70. We have had enough of hearing about a long or short Divine Liturgy, long or short service. We only hear this remark as far as the Liturgy or prayer service is concerned. We never hear about a long or short visit, session in front of the television or the computer, evening with friends or at a dance. We think that these remarks about the length of prayer services are futile and unworthy. Let us take our watches off when we go into the atmosphere of prayer. Let us lay aside our earthly watches and earthly timetables when we enter God’s house. “It is time for the Lord to act.” That is how the Divine Liturgy begins and it is completely for the Lord. It is to that that our liturgical prayers very often exhort us, saying, “Let us lay aside all earthly cares...” and “no-one who is bound by earthly cares and material concerns...” and further, “let our hearts be lifted up unto the Lord...let us attend,” and St. Basil the Great says, “Do not hurry through your prayer. Do not abridge it to make time for worldly business. Pay no regard to people’s faces, but rather direct your heart completely to the King enthroned before you with the angels attending him.”

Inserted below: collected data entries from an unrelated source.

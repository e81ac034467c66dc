-- ===== src/Simulation/Loop.antt =====
-- The loop of the simulation (src/NECROWorld/Server/Simulation/WorldSimulation.cpp), with the
-- commands that sessions post (src/NECROWorld/Server/Sockets/Handlers/PlayerHandlers.cpp). What is
-- posted back to a session is the session's business, and stands in the results.
use necro_mmo.Common.{ℕ, ◌+◌, ◌-◌, ◌%◌, ◌^◌, true, false, Option, none, some, List, [], ◌∷◌}
use necro_mmo.Common.Dict.{Dict, lookup}
use necro_mmo.Entity.{Fpu}
use necro_mmo.Zone.{Zone}
use necro_mmo.Zone.Moves.{update_zone}
use necro_mmo.Simulation.{
  Simulation, Command, spawn_command, exit_command, rollback_command, move_command, put_zone,
}
use necro_mmo.Simulation.Commands.{try_to_spawn, try_to_despawn, try_to_move, save_player}

-- One command. A session that is gone spawns and moves nobody; a player who leaves is saved first.
unfoldable pub run_command : Fpu → Command → Simulation → Option Simulation
run_command fpu (spawn_command true c queue) s = some s
run_command fpu (spawn_command false c queue) s = elim (try_to_spawn fpu c queue s) [
  | none ↦ none
  | some (s', _) ↦ some s'
]
run_command fpu (exit_command guid) s = elim (save_player guid s) [
  | none ↦ none
  | some (s', _) ↦ elim (try_to_despawn guid s') [ none ↦ none | some (s'', _) ↦ some s'' ]
]
run_command fpu (rollback_command guid) s = elim (try_to_despawn guid s) [
  | none ↦ none
  | some (s', _) ↦ some s'
]
run_command fpu (move_command true guid m) s = some s
run_command fpu (move_command false guid m) s = try_to_move fpu guid m s

unfoldable pub run_commands : Fpu → List Command → Simulation → Option Simulation
unfolding run_command
run_commands fpu [] s = some s
run_commands fpu (c ∷ cs) s = elim (run_command fpu c s) [
  | none ↦ none
  | some s' ↦ run_commands fpu cs s'
]

-- `ExecuteWorldCmds` takes the whole queue first, so that a command that is posted meanwhile waits
-- for the next turn.
unfoldable pub execute_world_cmds : Fpu → Simulation → Option Simulation
unfolding run_commands
execute_world_cmds fpu s = run_commands fpu s.pending_cmds (record s { pending_cmds = [] })

-- The zones in turn, by their ids.
unfoldable pub update_zones : Fpu → Dict Zone → Simulation → Option Simulation
update_zones fpu [] s = some s
update_zones fpu ((id, _) ∷ rest) s = elim (lookup id s.zones) [
  | none ↦ none
  | some z ↦ elim (update_zone fpu z) [
    | none ↦ none
    | some z' ↦ update_zones fpu rest (put_zone id z' s)
  ]
]

-- `Update`, `elapsed` milliseconds after the start; the times are `uint32_t`.
unfoldable pub update_simulation : Fpu → ℕ → Simulation → Option Simulation
unfolding execute_world_cmds update_zones
update_simulation fpu elapsed s =
    let now = elapsed % 2 ^ 32 in
    let timed = record s {
      loop_counter = (s.loop_counter + 1) % 2 ^ 32;
      cur_time = now;
      cur_time_diff = (now + 2 ^ 32 - s.prev_time) % 2 ^ 32;
    } in
    elim (execute_world_cmds fpu timed) [
      | none ↦ none
      | some s' ↦ elim (update_zones fpu s'.zones s') [
        | none ↦ none
        | some s'' ↦ some (record s'' { prev_time = s''.cur_time })
      ]
    ]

Now all this said, I would be remiss to not make note of the fact that this document has received some mixed reviews, not for the reason of the quoted sections above (which are quite good), but rather because some of the specifics surrounding the "practical guidance" noted in the document. Guidance which, as one Eastern Christian noted to me, is understood as possibly mimicking some of the very things that Latin rite Catholics have found to not have worked out liturgically.